19. Dezember: Florian Zittel

  19.12.2023    BLV
Beim BLV-Adventskalender 2023 öffnet sich bis zum 24. Dezember täglich ein Türchen, hinter dem sich ein Athleten-Portrait verbirgt. Traditionell finden die Rück- und Ausblicke unserer Athletinnen und Athleten ihren Weg ins BLV-Jahrbuch – in diesem Jahr werden sie zusätzlich in zufälliger Reihenfolge als Adventskalender präsentiert.

Florian Zittel

LG Region Karlsruhe

Europameisterschaften (U20) – 14. Platz über 3.000 Meter Hindernis
Deutsche Meisterschaften (U23) – 2. Platz über 3.000 Meter Hindernis
Deutscher Meister im 10 Kilometer Straßenlauf (Mannschaft)

„Ich will nur noch Mittelstrecke laufen“, äußerte der talentierte Hindernisläufer am Ende der Saison 2022 seinem Trainer Günther Scheefer gegenüber, obwohl mit der Finalteilnahme bei der U20-EM in Tallinn 2021 und dem U23-Titel im Jahr 2022 sein Hindernistalent mehr als deutlich wurde. Der Wunsch basierte indes auf dem großen Stress, den seine Ausbildung zum Mechatroniker und die damit verbundene 40-Stunden-Woche in der Werkstatt mit sich brachte. Trainingswochen mit 100 Kilometer Umfang und eine körperlich harte Ausbildung ließen sich nicht mehr in Einklang bringen. Allerdings zeigte die Hallensaison anschließend doch deutlich, dass Flo, wie er in seiner Karlsruher Trainingsgruppe genannt wird, zwar durchaus auch auf der Mittelstrecke begabt ist, aber eben nicht hochbegabt. Und so entschied der Sohn einer ugandischen Mutter und eines deutschen Vaters dann nach der erfolgreichen Beendigung seiner Ausbildung im Frühjahr 2023 kurzerhand, für mehrere Wochen nach Tansania zu gehen, um dort an den Grundlagen zu arbeiten und noch mal einen Anlauf über die Hindernisstrecke zu nehmen. Der Erfolg sollte ihm recht geben. Die „Lange Laufnacht“ in Karlsruhe musste er krankheitsbedingt als Season-Opener noch auslassen, aber im belgischen Oordegem gelang ihm eine Woche später auf Anhieb in 8:45 Minuten eine neue Bestzeit und die U23-EM-Norm. Der erste Teil der Nominierung war damit erfüllt. Bei den deutschen Juniorenmeisterschaften attackierte er früh, um mit einem Platz unter den ersten Zwei die EM-Nominierung endgültig klarzumachen, verlor dadurch in 8:53 Minuten aber den möglichen DM-Titel gegen Robin Müller.

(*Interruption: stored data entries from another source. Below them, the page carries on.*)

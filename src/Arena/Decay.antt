-- ===== src/Arena/Decay.antt =====
-- src/arena.c: how many pages that are not in use an arena may keep. Time is cut into steps of an
-- interval; the backlog has the pages that came in each of the last steps, and they are weighted by
-- the curve of include/nvalloc/internal/smoothstep.h, which is a parameter. Times are nanoseconds.
use nvalloc.Prelude.{
  ℕ, ◌+◌, ◌-◌, ◌*◌, ◌/◌, ◌%◌, ◌^◌, Bool, Option, none, some, List, [], ◌∷◌, ◌++◌, if◌then◌else◌,
  ltb, leb, ◌>>=◌, ◌>>◌, assert, set, drop, replicate,
}
use nvalloc.Machine.{u64_mod}

-- `SMOOTHSTEP_NSTEPS` and `SMOOTHSTEP_BFP`
abbrev pub smoothstep_nsteps : ℕ
smoothstep_nsteps = 200

abbrev pub smoothstep_bfp : ℕ
smoothstep_bfp = 24

-- `arena_decay_s`, but for its mutex and the state of the random numbers
pub record ArenaDecay : Type 0 where
  pub purging : Bool
  pub time_ms : ℕ
  pub interval : ℕ
  pub epoch : ℕ
  pub deadline : ℕ
  pub nunpurged : ℕ
  pub backlog : List ℕ

-- `jitter` is the random number below the interval that is added
unfoldable pub arena_decay_deadline_init : ArenaDecay → ℕ → ArenaDecay
arena_decay_deadline_init decay jitter = record decay {
  deadline = decay.epoch + decay.interval + (if ltb 0 decay.time_ms then jitter else 0);
}

-- `time` is the time at the call
unfoldable pub arena_decay_reinit : ArenaDecay → ℕ → ℕ → ℕ → ArenaDecay
arena_decay_reinit decay decay_ms time jitter =
    let interval =
      if ltb 0 decay_ms then decay_ms * 1000000 / smoothstep_nsteps else decay.interval in
    let d =
      arena_decay_deadline_init
        (record decay { time_ms = decay_ms; interval = interval; epoch = time }) jitter in
    record d { nunpurged = 0; backlog = replicate smoothstep_nsteps 0 }

unfoldable pub arena_decay_deadline_reached : ArenaDecay → ℕ → Bool
arena_decay_deadline_reached decay time = leb decay.deadline time

unfoldable pub arena_decay_backlog_update_last : ArenaDecay → ℕ → ArenaDecay
arena_decay_backlog_update_last decay current_npages =
    let npages_delta =
      if ltb decay.nunpurged current_npages then current_npages - decay.nunpurged else 0 in
    record decay { backlog = set decay.backlog (smoothstep_nsteps - 1) npages_delta }

-- The last entry is left by the shift and written behind it.
unfoldable pub arena_decay_backlog_update : ArenaDecay → ℕ → ℕ → ArenaDecay
arena_decay_backlog_update decay nadvance current_npages =
    let last = drop (smoothstep_nsteps - 1) decay.backlog in
    let shifted =
      if leb smoothstep_nsteps nadvance
      then replicate (smoothstep_nsteps - 1) 0 ++ last
      else drop nadvance decay.backlog
        ++ (if ltb 1 nadvance
            then replicate (nadvance - 1) 0 ++ last
            else drop (smoothstep_nsteps - nadvance) decay.backlog) in
    arena_decay_backlog_update_last (record decay { backlog = shifted }) current_npages

unfoldable pub arena_decay_epoch_advance_helper : ArenaDecay → ℕ → ℕ → ℕ → Option ArenaDecay
arena_decay_epoch_advance_helper decay time jitter current_npages = do
  assert (arena_decay_deadline_reached decay time)
  let nadvance = (time - decay.epoch) / decay.interval
  assert (ltb 0 nadvance)
  let epoch = decay.epoch + decay.interval * nadvance
  let d = arena_decay_deadline_init (record decay { epoch = epoch }) jitter
  some (arena_decay_backlog_update d nadvance current_npages)

-- the sum of `arena_decay_backlog_npages_limit`
unfoldable pub weighted : List ℕ → List ℕ → ℕ
weighted [] steps = 0
weighted (b ∷ backlog) [] = 0
weighted (b ∷ backlog) (h ∷ steps) = b * h + weighted backlog steps

unfoldable pub arena_decay_backlog_npages_limit : List ℕ → ArenaDecay → ℕ
arena_decay_backlog_npages_limit h_steps decay =
    weighted decay.backlog h_steps % u64_mod / 2 ^ smoothstep_bfp

-- the state and, if there are more pages than may be kept, the limit and how many are to be purged
unfoldable pub arena_decay_epoch_advance :
    List ℕ → ArenaDecay → ℕ → ℕ → ℕ → Option (ArenaDecay × Option (ℕ × ℕ))
arena_decay_epoch_advance h_steps decay time jitter current_npages = do
  d ← arena_decay_epoch_advance_helper decay time jitter current_npages
  let npages_limit = arena_decay_backlog_npages_limit h_steps d
  let d' = record d {
    nunpurged = if ltb current_npages npages_limit then npages_limit else current_npages;
  }
  some (
    d',
    if ltb npages_limit current_npages
        then some (npages_limit, current_npages - npages_limit)
        else none,
  )
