-- ===== src/Arena/Backlog.antt =====
-- When a deadline is reached: the epoch goes on by whole steps, the backlog is shifted by as many, and
-- no more pages are to be purged than are above the limit.
use nvalloc.Prelude.{
  ℕ, ◌+◌, ◌-◌, ◌*◌, ◌/◌, ◌≤◌, ◌<◌, ◌≡◌, refl, ap, ◌∙◌, false, some, List, ◌++◌, arith,
  if◌then◌else◌, ltb, leb, le→leb, lt→ltb, ◌==◌, length, get_or, drop, replicate, length-append,
  length-replicate, length-drop, length-set, get_or-set, get_or-drop, get_or-replicate,
  get_or-append_left, get_or-append_right, inl, inr, Bool-cases,
}
use native.Mathlib.Decide.{dec_le, dec_lt}
use native.Mathlib.Nat.{mul-div-le, lt-div-mul-add}
use nvalloc.Arena.Decay.{
  ArenaDecay, smoothstep_nsteps, arena_decay_deadline_init, arena_decay_deadline_reached,
  arena_decay_backlog_update_last, arena_decay_backlog_update, arena_decay_epoch_advance_helper,
}

pub record IsDecay (d : ArenaDecay) : Type 0 where
  pub steps : length d.backlog ≡ smoothstep_nsteps
  pub ticks : 0 < d.interval
  pub ahead : d.epoch + d.interval ≤ d.deadline

-- what stands behind the entries that were moved
abbrev tail_of : ℕ → List ℕ → List ℕ
tail_of n b =
    if ltb 1 n
    then replicate (n - 1) 0 ++ drop (smoothstep_nsteps - 1) b
    else drop (smoothstep_nsteps - n) b

module _ (b : List ℕ) (n : ℕ) (full : length b ≡ smoothstep_nsteps) (pos : 0 < n) where
  length-tail_of : n ≤ smoothstep_nsteps → length (tail_of n b) ≡ n
  length-tail_of le = elim (Bool-cases (ltb 1 n)) [
    | inl e ↦ rw e (
        ground (
          arith,
          length-append (replicate (n - 1) 0) (drop (smoothstep_nsteps - 1) b),
          length-replicate {A = ℕ} (n - 1) 0,
          length-drop (smoothstep_nsteps - 1) b,
        ))
    | inr e ↦ rw e (ground (arith, length-drop (smoothstep_nsteps - n) b))
  ]

  get_or-tail_of : (k : ℕ) → k + 1 < n → get_or (tail_of n b) k 0 ≡ 0
  get_or-tail_of k lt = rw (lt→ltb 1 n (omega arith)) (
      get_or-append_left (replicate (n - 1) 0) (drop (smoothstep_nsteps - 1) b) k 0
        (omega (arith, length-replicate {A = ℕ} (n - 1) 0))
      ∙ get_or-replicate (n - 1) 0 k)

  -- the entries but the last
  get_or-shifted :
      n < smoothstep_nsteps
      → (i : ℕ) → i < smoothstep_nsteps - 1
      → get_or (drop n b ++ tail_of n b) i 0
        ≡ (if ltb (i + n) smoothstep_nsteps then get_or b (i + n) 0 else 0)
  get_or-shifted small i lt = elim (dec_lt (i + n) smoothstep_nsteps) [
    | yes inside ↦ rw (lt→ltb (i + n) smoothstep_nsteps inside) (
        get_or-append_left (drop n b) (tail_of n b) i 0 (omega (arith, length-drop n b))
        ∙ get_or-drop n b i 0
        ∙ ap (λ k. get_or b k 0) (omega arith))
    | no outside ↦
        let k : ℕ = i - length (drop n b) in
        let at : i ≡ length (drop n b) + k = omega (arith, length-drop n b) in
        ap (λ j. get_or (drop n b ++ tail_of n b) j 0) at
        ∙ get_or-append_right (drop n b) (tail_of n b) k 0
        ∙ get_or-tail_of k (omega (arith, length-drop n b))
        ∙ ground (arith, outside)
  ]

-- the backlog behind an update: entry `i` is the one `n` steps on, and the last the pages that came
pub record Shifted (d : ArenaDecay) (n current : ℕ) (d' : ArenaDecay) : Type 0 where
  pub steps : length d'.backlog ≡ smoothstep_nsteps
  pub last :
      get_or d'.backlog (smoothstep_nsteps - 1) 0
      ≡ (if ltb d.nunpurged current then current - d.nunpurged else 0)
  pub moved :
      (i : ℕ)
      → i < smoothstep_nsteps - 1
      → get_or d'.backlog i 0
        ≡ (if ltb (i + n) smoothstep_nsteps then get_or d.backlog (i + n) 0 else 0)

not_last : (i : ℕ) → i < smoothstep_nsteps - 1 → (smoothstep_nsteps - 1 == i) ≡ false
not_last i lt = ground arith

module _ (d : ArenaDecay) (n current : ℕ) (full : length d.backlog ≡ smoothstep_nsteps)
    (pos : 0 < n) where
  abbrev shifted : List ℕ
  shifted =
      if leb smoothstep_nsteps n
      then replicate (smoothstep_nsteps - 1) 0 ++ drop (smoothstep_nsteps - 1) d.backlog
      else drop n d.backlog ++ tail_of n d.backlog

  length-shifted : length shifted ≡ smoothstep_nsteps
  length-shifted = elim (Bool-cases (leb smoothstep_nsteps n)) [
    | inl e ↦ rw e (
        length-append (replicate (smoothstep_nsteps - 1) 0) (drop (smoothstep_nsteps - 1) d.backlog)
        ∙ omega (
          arith,
          full,
          length-replicate {A = ℕ} (smoothstep_nsteps - 1) 0,
          length-drop (smoothstep_nsteps - 1) d.backlog,
        ))
    | inr e ↦ rw e (
        length-append (drop n d.backlog) (tail_of n d.backlog)
        ∙ omega (
          arith,
          full,
          length-drop n d.backlog,
          small e,
          length-tail_of d.backlog n full pos (small e),
        ))
  ]
    where
      small : leb smoothstep_nsteps n ≡ false → n ≤ smoothstep_nsteps
      small e = ground (arith, e)

  get_or-moved :
      (i : ℕ)
      → i < smoothstep_nsteps - 1
      → get_or shifted i 0
        ≡ (if ltb (i + n) smoothstep_nsteps then get_or d.backlog (i + n) 0 else 0)
  get_or-moved i lt = elim (dec_le smoothstep_nsteps n) [
    | yes le ↦ rw (le→leb smoothstep_nsteps n le) (
        get_or-append_left (replicate (smoothstep_nsteps - 1) 0)
          (drop (smoothstep_nsteps - 1) d.backlog) i 0
          (omega (arith, length-replicate {A = ℕ} (smoothstep_nsteps - 1) 0))
        ∙ get_or-replicate (smoothstep_nsteps - 1) 0 i
        ∙ ground (arith, le))
    | no gt ↦
        let e : leb smoothstep_nsteps n ≡ false = ground (arith, gt) in
        rw e (get_or-shifted d.backlog n full pos (omega arith) i lt)
  ]

  pub arena_decay_backlog_update-Shifted :
      Shifted d n current (arena_decay_backlog_update d n current)
  unfolding arena_decay_backlog_update arena_decay_backlog_update_last
  arena_decay_backlog_update-Shifted = record {
    steps = length-set shifted (smoothstep_nsteps - 1) _ ∙ length-shifted;
    last =
        get_or-set shifted (smoothstep_nsteps - 1) (smoothstep_nsteps - 1) _ 0
          (omega (arith, length-shifted));
    moved = λ i lt.
        get_or-set shifted (smoothstep_nsteps - 1) i _ 0 (omega (arith, length-shifted))
        ∙ rw (not_last i lt) (get_or-moved i lt);
  }

none_of : (n : ℕ) → ¬ 1 ≤ n → n ≡ 0
none_of n h = omega arith

-- the state when a deadline has been reached, `n` steps behind the epoch
module _ (d : ArenaDecay) (time jitter current : ℕ) where
  abbrev pub advanced : ℕ
  advanced = (time - d.epoch) / d.interval

  pub record Advanced (d' : ArenaDecay) : Type 0 where
    pub result : arena_decay_epoch_advance_helper d time jitter current ≡ some d'
    pub inv : IsDecay d'
    pub same_interval : d'.interval ≡ d.interval
    pub whole : d'.epoch ≡ d.epoch + d.interval * advanced
    pub began : d'.epoch ≤ time
    pub current_step : time < d'.epoch + d'.interval
    pub later : time < d'.deadline
    pub shift : Shifted d advanced current d'

  -- At a time not before the deadline the epoch goes on by whole intervals to the one that the
  -- time is in, the deadline comes behind the time, each entry of the backlog moves by as many
  -- places while those that come in are 0, and the last is the pages that came since.
  pub arena_decay_epoch_advance_helper-Advanced :
      IsDecay d → d.deadline ≤ time → (d' : ArenaDecay) × Advanced d'
  unfolding arena_decay_epoch_advance_helper arena_decay_deadline_reached arena_decay_deadline_init
      arena_decay_backlog_update arena_decay_backlog_update_last
  arena_decay_epoch_advance_helper-Advanced is reached =
      let d1 : ArenaDecay = record d {
        epoch = d.epoch + d.interval * advanced;
        deadline =
            d.epoch + d.interval * advanced + d.interval + (if ltb 0 d.time_ms then jitter else 0);
      } in
      let below : d.interval * advanced ≤ time - d.epoch = mul-div-le (time - d.epoch) d.interval in
      let above : time - d.epoch < advanced * d.interval + d.interval =
        lt-div-mul-add {a = time - d.epoch} {b = d.interval} is.ticks in
      let swap : advanced * d.interval ≡ d.interval * advanced = grind arith in
      let some_step : 0 < advanced = elim (dec_le 1 advanced) [
        | yes le ↦ le
        | no gt ↦
            let none_gone : advanced * d.interval ≡ 0 * d.interval =
              ap (λ k. k * d.interval) (none_of advanced gt) in
            absurd (omega (arith, above, none_gone, is.ahead, is.ticks, reached))
      ] in
      let update = arena_decay_backlog_update-Shifted d1 advanced current is.steps some_step in
      (
        arena_decay_backlog_update d1 advanced current,
        record {
          result = rw (le→leb d.deadline time reached, lt→ltb 0 advanced some_step);
          inv = record { steps = update.steps; ticks = is.ticks; ahead = omega arith };
          same_interval = refl;
          whole = refl;
          began = omega (arith, below, is.ahead, reached);
          current_step = omega (arith, above, swap);
          later = omega (arith, above, swap);
          shift = record { steps = update.steps; last = update.last; moved = update.moved };
        },
      )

Dass dies möglich gewesen wäre, bewies er im Vorlauf der U23-EM in Espoo (Finnland). Vom Großereignis motiviert kämpfte er bei nicht optimalen Bedingungen sogar um den Vorlaufsieg und verbesserte bei der Meisterschaft trotz des eher taktischen Vorlaufs seine Bestzeit auf 8:44,70 Minuten. Der Finalplatz war damit gesichert, hätte doch sogar Platz 5 im Vorlauf sicher zum Weiterkommen gereicht. Im Finale musste er dann allerdings anerkennen, dass die fehlenden Kilometer im Winter und der heißblütige Husarenritt im Vorlauf doch ihren Tribut forderten: Im starken Finale konnte er ohne ausreichende Regeneration ab Kilometer 2 der Spitze nicht mehr folgen und belegte letztlich den 14. Platz in 9:08,31 Minuten. Die Enttäuschung im ersten Moment wich aber recht schnell dem Stolz über eine erfolgreiche Europameisterschaft eines Mechatronik-Auszubildenden in einem Feld, das fast ausschließlich mit professionellen oder semiprofessionellen Athleten besetzt war. Da Florian nach dem Ende seiner Berufsausbildung erstmal verstärkt auf den Sport setzen will, bleibt abzuwarten, was möglich sein wird, wenn auch er sich voll auf den Sport konzentrieren kann. Die Olympischen Spiele 2024 in Paris werden wohl noch zu früh kommen, wenngleich dem angstfreien und immer optimistischen Heißsporn alles zuzutrauen ist.